• Required action: Starting at the line below holding "pub mod Writer" and stopping at the line holding "a header's name.", print every line exactly, both ends included, and leave the rest out.

• Data shown:
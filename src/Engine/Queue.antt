-- ===== src/Engine/Queue.antt =====
-- services/chamicore-power/internal/engine/queue.go: a bounded channel with a flag beside it. The
-- flag is read under the lock, and the channel is used after the lock is released, so the senders
-- that have read the flag and not yet sent are part of the state.
pub mod Order
use chamicore.Prelude.{ℕ, ◌<◌, ◌≡◌, Bool, true, false, List, [], ◌∷◌, ◌++◌, length, if◌then◌else◌}
use chamicore.Prelude.Int.{ℤ, pos, leb_ℤ, pos_part}

module _ {ℓ} (A : Type ℓ) where
  pub record Queue : Type ℓ where
    pub closed : Bool
    pub capacity : ℕ
    pub buffer : List A
    pub sending : List A
    pub panicked : Bool

-- `newQueue`.
unfoldable pub new_queue {ℓ} : (A : Type ℓ) → ℤ → Queue A
new_queue A capacity = record {
  closed = false;
  capacity = if leb_ℤ capacity (pos 0) then 1 else pos_part capacity;
  buffer = [];
  sending = [];
  panicked = false;
}

-- What the goroutines that share a queue do to it; the order and the bound of the buffer are those of
-- a Go channel. A receive with nothing to take, a call of `close`
-- on a closed queue and an `enqueue` that finds the flag set change nothing.
pub data QueueStep {ℓ} {A : Type ℓ} (q : Queue A) : Queue A → Type ℓ where
  -- `enqueue` reads the flag, finds it clear, and goes on to its `select`.
  check : (a : A) → q.closed ≡ false → QueueStep q (record q { sending = a ∷ q.sending })
  -- The `select` sends.
  send :
      (xs ys : List A) (a : A)
      → q.sending ≡ xs ++ a ∷ ys
      → q.closed ≡ false
      → length q.buffer < q.capacity
      → QueueStep q (record q { sending = xs ++ ys; buffer = q.buffer ++ a ∷ [] })
  -- The `select` is at a send on a channel that has been closed meanwhile: Go panics.
  send_closed :
      (xs ys : List A) (a : A)
      → q.sending ≡ xs ++ a ∷ ys
      → q.closed ≡ true
      → QueueStep q (record q { sending = xs ++ ys; panicked = true })
  -- The context of the request ends first.
  give_up :
      (xs ys : List A) (a : A)
      → q.sending ≡ xs ++ a ∷ ys
      → QueueStep q (record q { sending = xs ++ ys })
  -- `dequeue` receives, also what a closed channel still holds.
  receive : (a : A) (rest : List A) → q.buffer ≡ a ∷ rest → QueueStep q (record q { buffer = rest })
  -- `close`.
  close : QueueStep q (record q { closed = true })

pub data QueueReach {ℓ} {A : Type ℓ} (q : Queue A) : Queue A → Type ℓ where
  here : QueueReach q q
  next : {r s : Queue A} → QueueReach q r → QueueStep r s → QueueReach q s
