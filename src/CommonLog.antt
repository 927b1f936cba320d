-- ===== src/CommonLog.antt =====
-- common-log-module: the log of requests.
pub mod Fields
pub mod Handler
pub mod Writer
mod Tests
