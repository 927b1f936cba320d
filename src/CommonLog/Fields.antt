-- ===== src/CommonLog/Fields.antt =====
-- common-log-module/src/configuration.rs: the fields of the log, and the settings.
use pandora_web_server.Base.{
  Option, none, some, ◌>>=◌, Bytes, List, [], ◌∷◌, map, codes, bytes_eq, strip_prefix, is_empty,
  ◌==◌, if◌then◌else◌,
}

pub data LogField (H : Type 0) : Type 0 where
  skipped : LogField H
  remote_addr : LogField H
  remote_port : LogField H
  remote_name : LogField H
  time_local : LogField H
  time_iso : LogField H
  request : LogField H
  status : LogField H
  bytes_sent : LogField H
  processing_time : LogField H
  request_header : H → LogField H
  response_header : H → LogField H

-- `replace('_', "-")`: 95 is the underscore, 45 the dash.
abbrev dashes : Bytes → Bytes
dashes name = map (λ c. if c == 95 then 45 else c) name

-- The fields with a fixed name.
abbrev pub named_fields : {H : Type 0} → List (Bytes × LogField H)
named_fields =
    (codes "-", skipped)
    ∷ (codes "remote_addr", remote_addr)
    ∷ (codes "remote_port", remote_port)
    ∷ (codes "remote_name", remote_name)
    ∷ (codes "time_local", time_local)
    ∷ (codes "time_iso8601", time_iso)
    ∷ (codes "request", request)
    ∷ (codes "status", status)
    ∷ (codes "bytes_sent", bytes_sent)
    ∷ (codes "processing_time", processing_time)
    ∷ []

abbrev find_named : {H : Type 0} → Bytes → List (Bytes × LogField H) → Option (LogField H)
find_named text [] = none
find_named text ((name, field) ∷ fields) =
    let later = find_named text fields in if bytes_eq text name then some field else later

-- `header_name` is the crate http's conversion of a text to a header's name.
module _ {H : Type 0} (header_name : Bytes → Option H) where
  abbrev header_field : Bytes → Option (LogField H)
  header_field text = elim (strip_prefix (codes "http_") text) [
    | some header ↦ header_name (dashes header) >>= λ name. some (request_header name)
    | none ↦ elim (strip_prefix (codes "sent_http_") text) [
      | some header ↦ header_name (dashes header) >>= λ name. some (response_header name)
      | none ↦ none
    ]
  ]

  -- `LogField::try_from`.
  unfoldable pub field_of : Bytes → Option (LogField H)
  field_of text = elim (find_named text named_fields) [
    | some field ↦ some field
    | none ↦ header_field text
  ]

pub record CommonLogConf (H : Type 0) : Type 0 where
  pub log_file : Bytes
  pub log_format : List (LogField H)

-- The default of `try_from` for a format without fields.
unfoldable pub default_format : {H : Type 0} → H → H → List (LogField H)
default_format referer user_agent =
    remote_addr
    ∷ skipped
    ∷ remote_name
    ∷ time_local
    ∷ request
    ∷ status
    ∷ bytes_sent
    ∷ request_header referer
    ∷ request_header user_agent
    ∷ []

-- `CommonLogHandler::try_from`: `normalize_path` is the file system's part, which may fail.
unfoldable pub try_from :
    {H : Type 0} → (Bytes → Option Bytes) → H → H → CommonLogConf H → Option (CommonLogConf H)
unfolding default_format
try_from normalize_path referer user_agent conf = normalize_path conf.log_file >>= λ log_file.
    some (record {
      log_file = log_file;
      log_format =
          if is_empty conf.log_format then default_format referer user_agent else conf.log_format;
    })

• Written solution:
pub mod Writer
mod Tests
repository 927b1f936cba320d
filename src/CommonLog/Fields.antt
-- ===== src/CommonLog/Fields.antt =====
-- common-log-module/src/configuration.rs: the fields of the log, and the settings.
use pandora_web_server.Base.{
  Option, none, some, ◌>>=◌, Bytes, List, [], ◌∷◌, map, codes, bytes_eq, strip_prefix, is_empty,
  ◌==◌, if◌then◌else◌,
}

pub data LogField (H : Type 0) : Type 0 where
  skipped : LogField H
  remote_addr : LogField H
  remote_port : LogField H
  remote_name : LogField H
  time_local : LogField H
  time_iso : LogField H
  request : LogField H
  status : LogField H
  bytes_sent : LogField H
  processing_time : LogField H
  request_header : H → LogField H
  response_header : H → LogField H

-- `replace('_', "-")`: 95 is the underscore, 45 the dash.
abbrev dashes : Bytes → Bytes
dashes name = map (λ c. if c == 95 then 45 else c) name

-- The fields with a fixed name.
abbrev pub named_fields : {H : Type 0} → List (Bytes × LogField H)
named_fields =
    (codes "-", skipped)
    ∷ (codes "remote_addr", remote_addr)
    ∷ (codes "remote_port", remote_port)
    ∷ (codes "remote_name", remote_name)
    ∷ (codes "time_local", time_local)
    ∷ (codes "time_iso8601", time_iso)
    ∷ (codes "request", request)
    ∷ (codes "status", status)
    ∷ (codes "bytes_sent", bytes_sent)
    ∷ (codes "processing_time", processing_time)
    ∷ []

abbrev find_named : {H : Type 0} → Bytes → List (Bytes × LogField H) → Option (LogField H)
find_named text [] = none
find_named text ((name, field) ∷ fields) =
    let later = find_named text fields in if bytes_eq text name then some field else later

-- `header_name` is the crate http's conversion of a text to a header's name.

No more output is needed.